I don't dispute for one minute the modern MTB's are more capable on really rough terrain and can be ridden much faster because the suspension absorbs some of the beating a fully rigid bike would dish out to the rider.
What I find really strange is that I see the riders of such machines doing exactly the same with them as what I do with my bikes; riding them on the roads, then getting off the tarmac on to a gravel path and maybe riding around some dirt banks with the odd bump, dip, and tree root here and there. The types of bikes people are often using are complete overkill for the kind of riding they are doing, and on easy terrain they are at a disadvantage compared to me because their bikes are heavier, bigger, and more draggy to propel around..


----------



## Jody (1 Jan 2021)

SkipdiverJohn said:


> What I find really strange is that I see the riders of such machines doing exactly the same with them as what I do with my bikes; riding them on the roads, then getting off the tarmac on to a gravel path and maybe riding around some dirt banks with the odd bump, dip, and tree root here and there. The types of bikes people are often using are complete overkill for the kind of riding they are doing, and on easy terrain they are at a disadvantage compared to me because their bikes are heavier, bigger, and more draggy to propel around..

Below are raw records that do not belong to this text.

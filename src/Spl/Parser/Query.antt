-- ===== src/Spl/Parser/Query.antt =====
-- `parseEval`, the dispatch on a stage's leading word, and `Parse` of internal/spl/parser/parser.go.
pub mod Ends
use quetzalog.Base.{
  ℕ, suc, ◌+◌, Bool, true, false, not, ◌&&◌, List, [], ◌∷◌, reverse, reverse_onto, Text, length,
  codes, Option, none, some, equal, if◌then◌else◌, Outcome, ok, err, out_of_fuel, ◌>>=◌, ◌==◌,
}
use quetzalog.Spl.Unicode.{Unicode, to_lower, is_space}
use quetzalog.Spl.Lexer.{Token, TokenKind, is_name, LexError, tokenize}
use quetzalog.Spl.Lexer.Literals.{string_literal}
use quetzalog.Spl.Ast.{Node, eval, unsupported}
use quetzalog.Spl.Parser.Expression.{ParseError, command_error, is_lparen, is_rparen}
use quetzalog.Spl.Parser.Aggregation.{
  is_string, is_eq, parse_stats, parse_eventstats, parse_timechart, parse_streamstats,
}
use quetzalog.Spl.Parser.Commands.{
  parse_sort, parse_head, parse_tail, parse_dedup, parse_fields, parse_table, parse_rename,
  parse_rex, parse_bin, parse_lookup,
}
use quetzalog.Spl.Parser.Pipeline.{split_pipes, parse_search, parse_where}
use quetzalog.Spl.Parser.Source.{raw_slice, utf8}

-- `strings.TrimRight(out, " ")`, over the text in reverse.
unfoldable pub trim_blanks : Text → Text
trim_blanks [] = []
trim_blanks (c ∷ s) = let more = trim_blanks s in if c == b' ' then more else c ∷ s

-- `strings.TrimSpace` at one end.
unfoldable pub trim_spaces : Text → Text
trim_spaces [] = []
trim_spaces (c ∷ s) = let more = trim_spaces s in if is_space c then more else c ∷ s

-- Whether a rune has to be set off from `out`, the text so far in reverse, by a space.
abbrev needs_blank : Text → Bool
needs_blank [] = false
needs_blank (c ∷ _) = not (c == b' ')

abbrev is_open : Text → Bool
is_open [] = false
is_open (c ∷ _) = c == b'('

-- One round of the last loop of `renderTokens`. A group holds no pipe and no end of the input.
unfoldable pub render_token : Text → Token → TokenKind → Text
unfolding trim_blanks
render_token out t TokenKind.lparen = b'(' ∷ out
render_token out t TokenKind.rparen = b')' ∷ trim_blanks out
render_token out t TokenKind.comma = b' ' ∷ b',' ∷ trim_blanks out
render_token out t TokenKind.op =
    b' ' ∷ reverse_onto t.value (if needs_blank out then b' ' ∷ out else out)
render_token out t TokenKind.string =
    reverse_onto (string_literal t.value)
      (if needs_blank out && not (is_open out) then b' ' ∷ out else out)
render_token out t TokenKind.star =
    reverse_onto (codes "*") (if needs_blank out && not (is_open out) then b' ' ∷ out else out)
render_token out t _ =
    reverse_onto t.value (if needs_blank out && not (is_open out) then b' ' ∷ out else out)

unfoldable pub render_from : Text → List Token → Text
unfolding render_token
render_from out [] = out
render_from out (t ∷ ts) = render_from (render_token out t t.kind) ts

unfoldable pub render_tokens : List Token → Text
unfolding render_from trim_spaces
render_tokens ts = trim_spaces (reverse (trim_spaces (render_from [] ts)))

-- The loop of `splitAtFirstEq`: the value of the token in front of the first `=` outside
-- parentheses, and the tokens behind it. The depth is 0 where as many have opened as closed.
unfoldable pub split_eq_from :
    Option Text → (opened closed : ℕ) → List Token → Option (Text × List Token)
split_eq_from before opened closed [] = none
split_eq_from before opened closed (t ∷ ts) =
    let more =
      split_eq_from (some t.value) (if is_lparen t.kind then opened + 1 else opened)
        (if is_rparen t.kind then closed + 1 else closed) ts in
    if is_eq t && opened == closed
    then elim before [ none ↦ none | some field ↦ some (field, ts) ]
    else more

-- The text of the expression: the value of a lone string, and the rendered tokens otherwise.
unfoldable pub eval_text : List Token → Text
unfolding render_tokens
eval_text [] = []
eval_text (t ∷ []) = if is_string t.kind then t.value else render_tokens (t ∷ [])
eval_text (t ∷ s ∷ ts) = render_tokens (t ∷ s ∷ ts)

abbrev eval_of : Option (Text × List Token) → Outcome ParseError Node
eval_of none = err (command_error (codes "eval: expected field=expression"))
eval_of (some (field, rest)) =
    if equal field []
    then err (command_error (codes "eval: expected field=expression"))
    else if equal (eval_text rest) []
    then err (command_error field)
    else ok (eval field (eval_text rest) ((field, eval_text rest) ∷ []))

unfoldable pub parse_eval : List Token → Outcome ParseError Node
unfolding split_eq_from eval_text
parse_eval [] = err (command_error (codes "eval requires an expression"))
parse_eval (t ∷ ts) = eval_of (split_eq_from none 0 0 (t ∷ ts))

-- The last words of the table.
unfoldable pub late_command : Unicode → Text → List Token → Option (Outcome ParseError Node)
late_command u word ts =
    if equal word (codes "dedup")
    then some (parse_dedup ts)
    else if equal word (codes "rex")
    then some (parse_rex u ts)
    else if equal word (codes "bin")
    then some (parse_bin u ts)
    else if equal word (codes "lookup")
    then some (parse_lookup u ts)
    else if equal word (codes "eventstats")
    then some (parse_eventstats u ts)
    else if equal word (codes "streamstats")
    then some (parse_streamstats u ts)
    else none

-- The parser that `commandKeywords` holds for a word, applied to the tokens behind it.
unfoldable pub command : Unicode → Text → List Token → Option (Outcome ParseError Node)
command u word ts =
    if equal word (codes "search")
    then some (parse_search u ts)
    else if equal word (codes "where")
    then some (parse_where u ts)
    else if equal word (codes "eval")
    then some (parse_eval ts)
    else if equal word (codes "fields")
    then some (parse_fields ts)
    else if equal word (codes "table")
    then some (parse_table ts)
    else if equal word (codes "rename")
    then some (parse_rename u ts)
    else if equal word (codes "stats")
    then some (parse_stats u ts)
    else if equal word (codes "timechart")
    then some (parse_timechart u ts)
    else if equal word (codes "sort")
    then some (parse_sort u ts)
    else if equal word (codes "head")
    then some (parse_head ts)
    else if equal word (codes "tail")
    then some (parse_tail ts)
    else late_command u word ts

-- A stage that leads with no command: the base search if it is the first, and kept otherwise.
unfoldable pub uncommanded : Unicode → List ℕ → Bool → Token → List Token → Outcome ParseError Node
uncommanded u input first t ts =
    if first
    then parse_search u (t ∷ ts)
    else ok (unsupported (to_lower u t.value) (raw_slice input (t ∷ ts)))

-- `dispatch`; a group is never empty.
unfoldable pub dispatch : Unicode → List ℕ → Bool → List Token → Outcome ParseError Node
dispatch u input first [] = err (command_error [])
dispatch u input first (t ∷ ts) =
    if is_name t.kind
    then elim (command u (to_lower u t.value) ts) [
      | none ↦ uncommanded u input first t ts
      | some node ↦ node
    ]
    else uncommanded u input first t ts

-- The loop of `Parse`; the flag is `i == 0`.
unfoldable pub dispatch_all :
    Unicode → List ℕ → Bool → List (List Token) → Outcome ParseError (List Node)
dispatch_all u input first [] = ok []
dispatch_all u input first (g ∷ gs) =
    dispatch u input first g >>= λ n. dispatch_all u input false gs >>= λ ns. ok (n ∷ ns)

-- `Parse`, over the parser's tokens and the bytes of its input.
unfoldable pub parse_tokens : Unicode → List ℕ → List Token → Outcome ParseError (List Node)
parse_tokens u input ts = dispatch_all u input true (split_pipes ts)

pub data QueryError : Type 0 where
  lex : LexError → QueryError
  parse : ParseError → QueryError

abbrev parsed : Outcome ParseError (List Node) → Outcome QueryError (List Node)
parsed (ok ns) = ok ns
parsed (err e) = err (parse e)
parsed out_of_fuel = out_of_fuel

abbrev parse_lexed : Unicode → Text → Outcome LexError (List Token) → Outcome QueryError (List Node)
parse_lexed u input (ok ts) = parsed (parse_tokens u (utf8 input) ts)
parse_lexed u input (err e) = err (lex e)
parse_lexed u input out_of_fuel = out_of_fuel

-- `New(input)` and `Parse`, with as many rounds of the scanner as it needs where it ends.
unfoldable pub parse_query : Unicode → Text → Outcome QueryError (List Node)
parse_query u input = parse_lexed u input (tokenize (suc (length input)) u input)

You might find that because you live in a mainly flat, concrete jungle surrounded by parks and canal paths? 

I'm lost as to why you always show up on MTB threads to push your view of cheap utilitarian and urban cycling . 

We get it. You don't like spending money and don't like new technology.

Out of interest, how often do you ride the brecons, peaks, lake district Etc? Maybe one day we could meet up and you could show us what your skip finds are capable of


----------



## Blue Hills (2 Jan 2021)

ChrisEyles said:


> @SkipdiverJohn in the specific case of MTBs used for "proper" off road riding, I think technology, geometry and riding styles have changed quite substantially over the last twenty years, so regularly swapping or adding bikes is not quite so crazy as replacing a perfectly good tourer/commuter every few years.
> 
> EG a modern slack angle 29er hardcore hardtail will be a totally different experience on the same trails to an older short travel xc full susser. Pretty much any well maintained MTB will get the job done, but these aren't really supposed to be purely practical machines, they're big boys toys, and I don't think the variety of bikes on offer is a bad thing for the consumer (even if they do only exist to push more sales!).
> 
> ...


liked, but what's the female equivalent of big boys toys?
Liked yours and skipdivers posts as I'm pretty sure that many of these more extreme modern MTBs do very little serious bouncy off road stuff (written as an ex ride leader who once lead a very mixed bunch of riders London to Brighton, including a banker on a vast collection of expensive springs he desperately swapped mid-ride with a friend


----------



## screenman (2 Jan 2021)

Blue Hills said:


> liked, but what's the female equivalent of big boys toys?
> Liked yours and skipdivers posts as I'm pretty sure that many of these more extreme modern MTBs do very little serious bouncy off road stuff (written as an ex ride leader who once lead a very mixed bunch of riders London to Brighton, including a banker on a vast collection of expensive springs he desperately swapped mid-ride with a friend
> [/QUOTE
> 
> My daughter-in-law has more bikes than myself, I only have 6.


----------



## ChrisEyles (3 Jan 2021)

Blue Hills said:


> liked, but what's the female equivalent of big boys toys?
> Liked yours and skipdivers posts as I'm pretty sure that many of these more extreme modern MTBs do very little serious bouncy off road stuff (written as an ex ride leader who once lead a very mixed bunch of riders London to Brighton, including a banker on a vast collection of expensive springs he desperately swapped mid-ride with a friend



Hmm, good point... "big human's toys" doesn't have quite the same ring to it and "adult's toys" best avoided altogether... 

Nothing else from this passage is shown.